INSTRUCTIONS FOR THE TASK
Collect each line of the entries that holds the string "made".

Start of DATA EXTRACT

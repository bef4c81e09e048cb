-- ===== src/Client/Cli/Rotation.antt =====
-- What a rotation does to the client's files.
use rdrive.Base.{◌≡◌, refl, ◌∙◌, ap, ◌⊎◌, inl, inr, false, Option, some, Bytes}
use rdrive.Base.Outcome.{Outcome, ok, err, panic, pending}
use rdrive.Fault.{Fault, no_keys}
use rdrive.Run.{Run, after, or_fail, ◌>>=◌}
use rdrive.Run.Laws.{Run-cases}
use rdrive.Run.Keeps.{Keeps, Keeps-or_fail}
use rdrive.Crypto.{Primitives}
use rdrive.Disk.{FilePath, path_eq}
use rdrive.Disk.Contents.{file_at}
use rdrive.Server.{Site}
use rdrive.Client.{Profile, Client}
use rdrive.Client.Commands.{auth_client}
use rdrive.Client.Cli.Kept.{
  Holds, auth_client-Keeps, existing_keys-Keeps, decode_pair-Keeps, generate_keypair-Keeps,
}
use rdrive.Client.Cli.Prepared.{IsPrepared, prepared}
use rdrive.Client.Cli.{with_key, rotate_keys, existing_keys, decode_pair, generate_keypair}

-- A rotation from this state was confirmed: on its connection, for a new pair that it drew, under the old pair that
-- the key files held, and before any file but the map of servers was changed.
abbrev pub Synced : Primitives → Site → Profile → Client → Type 0
Synced P C U s =
    (old : Bytes × Bytes) × (new : Bytes × Bytes) × (s₁ : Client) × (s₂ : Client) × IsPrepared P C U
      old new s s₁
    × (auth_client P C (with_key P C U old.0) new.1 (some old.1) s₁ ≡ (ok tt, s₂))

kept :
    {A B : Type 0} (q : FilePath) (c : Option Bytes) (f : A → Run Client B)
    (r r' : Outcome Fault A × Client)
    → r ≡ r'
    → Holds q c r.1
    → (after f r').1 ≡ r'.1
    → Holds q c (after f r).1
kept q c f r r' e h same = rw e (ap (λ t. file_at q t.disk) same ∙ (rw e at h))

-- A file that the first step keeps stays, or the rest of the block comes in; there the first step has succeeded.
until :
    {A B : Type 0} {W : Type 0} (q : FilePath) (c : Option Bytes) (m : Run Client A)
    (f : A → Run Client B) (s : Client)
    → Keeps (Holds q c) m
    → ((a : A) (t : Client) → m s ≡ (ok a, t) → Holds q c t → Holds q c (f a t).1 ⊎ W)
    → Holds q c s
    → Holds q c ((m >>= f) s).1 ⊎ W
until q c m f s km kf h = elim (Run-cases (m s)) [
  | inl (a, t, e) ↦
      let there : Holds q c t = rw e at (km.at s h) in
      elim (kf a t e there) [
        | inl stays ↦ inl (ap (λ r. file_at q (after f r).1.disk) e ∙ stays)
        | inr w ↦ inr w
      ]
  | inr (inl (x, t, e)) ↦ inl (kept q c f (m s) (err x, t) e (km.at s h) refl)
  | inr (inr (inl (t, e))) ↦ inl (kept q c f (m s) (panic, t) e (km.at s h) refl)
  | inr (inr (inr (t, e))) ↦ inl (kept q c f (m s) (pending, t) e (km.at s h) refl)
]

module _ (P : Primitives) (C : Site) (U : Profile) (q : FilePath) (c : Option Bytes)
    (apart : path_eq U.server_map_path q ≡ false) where
  -- A rotation, however it ends, leaves every file but the map of servers as it was, unless the server has confirmed
  -- the drawn pair under the old one that the files held.
  pub rotate_keys-Synced :
      (s : Client)
      → file_at q s.disk ≡ c
      → (file_at q (rotate_keys P C U s).1.disk ≡ c) ⊎ Synced P C U s
  unfolding rotate_keys
  rotate_keys-Synced s h =
      until q c (existing_keys P C U) _ s (existing_keys-Keeps P C U q c)
        (λ existing t₁ e₁ h₁.
          until q c (or_fail existing no_keys) _ t₁ (Keeps-or_fail existing no_keys)
            (λ files t₂ e₂ h₂.
              until q c (decode_pair P C U files) _ t₂ (decode_pair-Keeps P C U q c files)
                (λ old t₃ e₃ h₃.
                  until q c (generate_keypair P C U) _ t₃ (generate_keypair-Keeps P C U q c)
                    (λ new t₄ e₄ h₄.
                      until q c (auth_client P C (with_key P C U old.0) new.1 (some old.1)) _ t₄
                        (auth_client-Keeps P C (with_key P C U old.0) q c apart new.1 (some old.1))
                        (λ _ t₅ e₅ h₅. inr (
                          old,
                          new,
                          t₄,
                          t₅,
                          prepared P C U existing files old new s t₁ t₂ t₃ t₄ e₁ e₂ e₃ e₄,
                          e₅,
                        ))
                        h₄)
                    h₃)
                h₂)
            h₁)
        h
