-- ===== src/Client/Cli/Saved.antt =====
-- The key files after a rotation that succeeds.
use rdrive.Base.{
  ◌≡◌, refl, sym, ◌∙◌, ap, inl, inr, Bool, true, false, not, some, [], ◌∷◌, arith, Bytes, codes,
  Bool-cases,
}
use rdrive.Base.Outcome.{ok}
use rdrive.Fault.{disk_failed, no_keys}
use rdrive.Run.{Run, ◌>>=◌, ◌>>◌, fail_if, or_fail}
use rdrive.Run.Laws.{>>=-eq-ok}
use rdrive.Crypto.{Primitives}
use rdrive.Disk.{Disk, path_eq, create_dir_all, write_file}
use rdrive.Disk.Laws.{path_eq-append}
use rdrive.Disk.Contents.{file_at, file_at-write_file, file_at-write_file_done}
use rdrive.Server.{Site}
use rdrive.Client.{Profile, Client, on_disk}
use rdrive.Client.Commands.{auth_client}
use rdrive.Client.Cli.Prepared.{IsPrepared, prepared}
use rdrive.Client.Cli.{
  private_key_path, public_key_path, generate_keypair, existing_keys, decode_pair, save_keys,
  with_key, rotate_keys,
}

-- A step on the disk that is checked.
disk_step :
    {B : Type 0} (op : Disk → Bool × Disk) (k : Run Client B) (s s' : Client) (b : B)
    → (on_disk op >>= λ done. fail_if (not done) disk_failed >> k) s ≡ (ok b, s')
    → (s₁ : Client) × (op s.disk ≡ (true, s₁.disk)) × (k s₁ ≡ (ok b, s'))
disk_step op k s s' b h =
    let (done, s₁, e, k₁) =
      >>=-eq-ok (on_disk op) (λ done. fail_if (not done) disk_failed >> k) s h in
    elim (Bool-cases done) [
      | inl yes_done ↦ (
        s₁,
        ap (λ r. (elim r.0 [ ok x ↦ x | _ ↦ false ], r.1.disk)) e ∙ rw yes_done refl,
        rw yes_done at k₁,
      )
      | inr no_done ↦ absurd (ground (arith, (rw no_done at k₁)))
    ]

last_step :
    (op : Disk → Bool × Disk) (s s' : Client)
    → (on_disk op >>= λ done. fail_if (not done) disk_failed) s ≡ (ok tt, s')
    → op s.disk ≡ (true, s'.disk)
last_step op s s' h = elim (Bool-cases (op s.disk).0) [
  | inl granted ↦
      let moved : (op s.disk).1 ≡ s'.disk = ap (λ r. r.1.disk) (rw granted at h) in
      ground (arith, granted, moved)
  | inr denied ↦ absurd (ground (arith, (rw denied at h)))
]

module _ (P : Primitives) (C : Site) (U : Profile) where
  -- Both key files hold a pair.
  abbrev pub AreSaved : Bytes × Bytes → Disk → Type 0
  AreSaved keys d =
      (file_at (private_key_path P C U) d ≡ some (P.hex keys.0))
      × (file_at (public_key_path P C U) d ≡ some (P.hex keys.1))

  paths_differ : path_eq (public_key_path P C U) (private_key_path P C U) ≡ false
  paths_differ =
      path_eq-append U.user_key_dir (codes "public_ed25519.key" ∷ [])
        (codes "private_ed25519.key" ∷ [])

  save_keys-AreSaved :
      (keys : Bytes × Bytes) (s s' : Client)
      → save_keys P C U keys s ≡ (ok tt, s')
      → AreSaved keys s'.disk
  unfolding save_keys
  save_keys-AreSaved (pri, pub_) s s' run =
      let pri_path = private_key_path P C U in
      let pub_path = public_key_path P C U in
      let last = on_disk (write_file pub_path (P.hex pub_)) >>= λ w. fail_if (not w) disk_failed in
      let (s₁, _, run₁) =
        disk_step (create_dir_all U.user_key_dir)
          (on_disk (write_file pri_path (P.hex pri)) >>= λ w. fail_if (not w) disk_failed >> last) s
          s' tt run in
      let (s₂, wrote, run₂) = disk_step (write_file pri_path (P.hex pri)) last s₁ s' tt run₁ in
      let wrote' = last_step (write_file pub_path (P.hex pub_)) s₂ s' run₂ in
      let kept : file_at pri_path s'.disk ≡ file_at pri_path s₂.disk =
        ap (λ r. file_at pri_path r.1) (sym wrote')
        ∙ file_at-write_file pub_path pri_path (P.hex pub_) s₂.disk paths_differ in
      (
        kept ∙ file_at-write_file_done pri_path (P.hex pri) s₁.disk s₂.disk wrote,
        file_at-write_file_done pub_path (P.hex pub_) s₂.disk s'.disk wrote',
      )

  -- A rotation that succeeds leaves both key files with a new pair, whose private key is the next draw, and on the
  -- connection that it started with the server has confirmed the new public key under the old pair, which the files
  -- held when it started.
  pub rotate_keys-AreSaved :
      (s s' : Client)
      → rotate_keys P C U s ≡ (ok tt, s')
      → (old : Bytes × Bytes) × (new : Bytes × Bytes) × (s₁ : Client) × (s₂ : Client) × IsPrepared P
          C U old new s s₁
        × (auth_client P C (with_key P C U old.0) new.1 (some old.1) s₁ ≡ (ok tt, s₂))
        × AreSaved new s'.disk
  unfolding rotate_keys
  rotate_keys-AreSaved s s' run =
      let save_last = λ (old new : Bytes × Bytes).
        auth_client P C (with_key P C U old.0) new.1 (some old.1) >> save_keys P C U new in
      let renew = λ (old : Bytes × Bytes). generate_keypair P C U >>= save_last old in
      let from_files = λ (files : Bytes × Bytes). decode_pair P C U files >>= renew in
      let (existing, t₁, e₁, run₁) =
        >>=-eq-ok (existing_keys P C U) (λ existing. or_fail existing no_keys >>= from_files) s
          run in
      let (files, t₂, e₂, run₂) = >>=-eq-ok (or_fail existing no_keys) from_files t₁ run₁ in
      let (old, t₃, e₃, run₃) = >>=-eq-ok (decode_pair P C U files) renew t₂ run₂ in
      let (new, t₄, made, run₄) = >>=-eq-ok (generate_keypair P C U) (save_last old) t₃ run₃ in
      let (_, t₅, synced, run₅) =
        >>=-eq-ok (auth_client P C (with_key P C U old.0) new.1 (some old.1))
          (λ _. save_keys P C U new) t₄ run₄ in
      (
        old,
        new,
        t₄,
        t₅,
        prepared P C U existing files old new s t₁ t₂ t₃ t₄ e₁ e₂ e₃ made,
        synced,
        save_keys-AreSaved new t₅ s' run₅,
      )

End of DATA EXTRACT

FINISHED TASK
      let (new, t₄, made, run₄) = >>=-eq-ok (generate_keypair P C U) (save_last old) t₃ run₃ in
        prepared P C U existing files old new s t₁ t₂ t₃ t₄ e₁ e₂ e₃ made,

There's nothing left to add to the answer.